TASK TO CARRY OUT: Below is the data. Give it again, complete and exact.

DATA SHOWN:

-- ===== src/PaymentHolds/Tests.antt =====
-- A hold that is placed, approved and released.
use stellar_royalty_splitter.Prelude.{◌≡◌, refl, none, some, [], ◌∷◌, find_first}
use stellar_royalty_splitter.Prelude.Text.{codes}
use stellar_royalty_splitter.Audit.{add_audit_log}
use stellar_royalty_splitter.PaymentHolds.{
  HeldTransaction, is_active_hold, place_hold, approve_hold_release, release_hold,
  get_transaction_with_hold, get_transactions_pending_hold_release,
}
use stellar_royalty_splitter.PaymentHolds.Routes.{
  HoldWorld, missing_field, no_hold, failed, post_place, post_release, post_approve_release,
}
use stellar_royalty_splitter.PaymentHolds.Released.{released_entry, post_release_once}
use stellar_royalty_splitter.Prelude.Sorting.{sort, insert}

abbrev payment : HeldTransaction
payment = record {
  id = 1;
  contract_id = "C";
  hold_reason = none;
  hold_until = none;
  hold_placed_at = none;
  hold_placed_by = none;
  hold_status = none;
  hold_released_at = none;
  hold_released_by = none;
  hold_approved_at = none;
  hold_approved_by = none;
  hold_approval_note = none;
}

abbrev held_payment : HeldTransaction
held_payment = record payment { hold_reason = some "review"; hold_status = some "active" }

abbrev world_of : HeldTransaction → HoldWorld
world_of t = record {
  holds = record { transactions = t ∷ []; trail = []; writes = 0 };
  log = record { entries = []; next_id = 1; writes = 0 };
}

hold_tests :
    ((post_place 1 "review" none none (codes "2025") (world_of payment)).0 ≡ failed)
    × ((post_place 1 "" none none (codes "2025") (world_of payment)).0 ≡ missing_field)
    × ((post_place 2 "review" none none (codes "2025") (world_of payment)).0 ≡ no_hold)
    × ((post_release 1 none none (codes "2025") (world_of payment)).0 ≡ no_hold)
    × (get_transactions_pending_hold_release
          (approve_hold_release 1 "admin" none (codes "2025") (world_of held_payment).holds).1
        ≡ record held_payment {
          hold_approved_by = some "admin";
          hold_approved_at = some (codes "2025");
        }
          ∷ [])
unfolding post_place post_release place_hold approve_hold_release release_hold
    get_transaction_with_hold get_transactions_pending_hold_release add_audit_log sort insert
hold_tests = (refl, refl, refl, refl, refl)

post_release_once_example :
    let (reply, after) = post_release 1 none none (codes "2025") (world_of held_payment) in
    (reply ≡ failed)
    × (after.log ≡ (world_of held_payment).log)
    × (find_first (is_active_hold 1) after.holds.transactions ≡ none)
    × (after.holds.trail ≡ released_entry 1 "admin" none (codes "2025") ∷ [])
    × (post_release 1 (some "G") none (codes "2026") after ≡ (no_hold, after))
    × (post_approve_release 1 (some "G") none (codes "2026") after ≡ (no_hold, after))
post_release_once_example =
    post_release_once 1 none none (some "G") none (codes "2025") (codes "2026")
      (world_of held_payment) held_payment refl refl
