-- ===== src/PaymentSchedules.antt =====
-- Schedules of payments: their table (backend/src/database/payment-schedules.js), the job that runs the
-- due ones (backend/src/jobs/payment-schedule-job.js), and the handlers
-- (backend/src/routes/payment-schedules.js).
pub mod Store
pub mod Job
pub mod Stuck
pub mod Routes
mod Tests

RESULT:
-- ===== src/PaymentHolds/Tests.antt =====
-- A hold that is placed, approved and released.
use stellar_royalty_splitter.Prelude.{◌≡◌, refl, none, some, [], ◌∷◌, find_first}
use stellar_royalty_splitter.Prelude.Text.{codes}
use stellar_royalty_splitter.Audit.{add_audit_log}
use stellar_royalty_splitter.PaymentHolds.{
  HeldTransaction, is_active_hold, place_hold, approve_hold_release, release_hold,
  get_transaction_with_hold, get_transactions_pending_hold_release,
}
use stellar_royalty_splitter.PaymentHolds.Routes.{
  HoldWorld, missing_field, no_hold, failed, post_place, post_release, post_approve_release,
}
use stellar_royalty_splitter.PaymentHolds.Released.{released_entry, post_release_once}
use stellar_royalty_splitter.Prelude.Sorting.{sort, insert}

abbrev payment : HeldTransaction
payment = record {
  id = 1;
  contract_id = "C";
  hold_reason = none;
  hold_until = none;
  hold_placed_at = none;
  hold_placed_by = none;
  hold_status = none;
  hold_released_at = none;
  hold_released_by = none;
  hold_approved_at = none;
  hold_approved_by = none;
  hold_approval_note = none;
}

abbrev held_payment : HeldTransaction
held_payment = record payment { hold_reason = some "review"; hold_status = some "active" }

abbrev world_of : HeldTransaction → HoldWorld
world_of t = record {
  holds = record { transactions = t ∷ []; trail = []; writes = 0 };
  log = record { entries = []; next_id = 1; writes = 0 };
}

hold_tests :
    ((post_place 1 "review" none none (codes "2025") (world_of payment)).0 ≡ failed)
    × ((post_place 1 "" none none (codes "2025") (world_of payment)).0 ≡ missing_field)
    × ((post_place 2 "review" none none (codes "2025") (world_of payment)).0 ≡ no_hold)
    × ((post_release 1 none none (codes "2025") (world_of payment)).0 ≡ no_hold)
    × (get_transactions_pending_hold_release
          (approve_hold_release 1 "admin" none (codes "2025") (world_of held_payment).holds).1
        ≡ record held_payment {
          hold_approved_by = some "admin";
          hold_approved_at = some (codes "2025");
        }
          ∷ [])
unfolding post_place post_release place_hold approve_hold_release release_hold
    get_transaction_with_hold get_transactions_pending_hold_release add_audit_log sort insert
hold_tests = (refl, refl, refl, refl, refl)

post_release_once_example :
    let (reply, after) = post_release 1 none none (codes "2025") (world_of held_payment) in
    (reply ≡ failed)
    × (after.log ≡ (world_of held_payment).log)
    × (find_first (is_active_hold 1) after.holds.transactions ≡ none)
    × (after.holds.trail ≡ released_entry 1 "admin" none (codes "2025") ∷ [])
    × (post_release 1 (some "G") none (codes "2026") after ≡ (no_hold, after))
    × (post_approve_release 1 (some "G") none (codes "2026") after ≡ (no_hold, after))
post_release_once_example =
    post_release_once 1 none none (some "G") none (codes "2025") (codes "2026")
      (world_of held_payment) held_payment refl refl
-- ===== src/PaymentSchedules.antt =====
-- Schedules of payments: their table (backend/src/database/payment-schedules.js), the job that runs the
-- due ones (backend/src/jobs/payment-schedule-job.js), and the handlers
-- (backend/src/routes/payment-schedules.js).
pub mod Store
pub mod Job
pub mod Stuck
pub mod Routes
mod Tests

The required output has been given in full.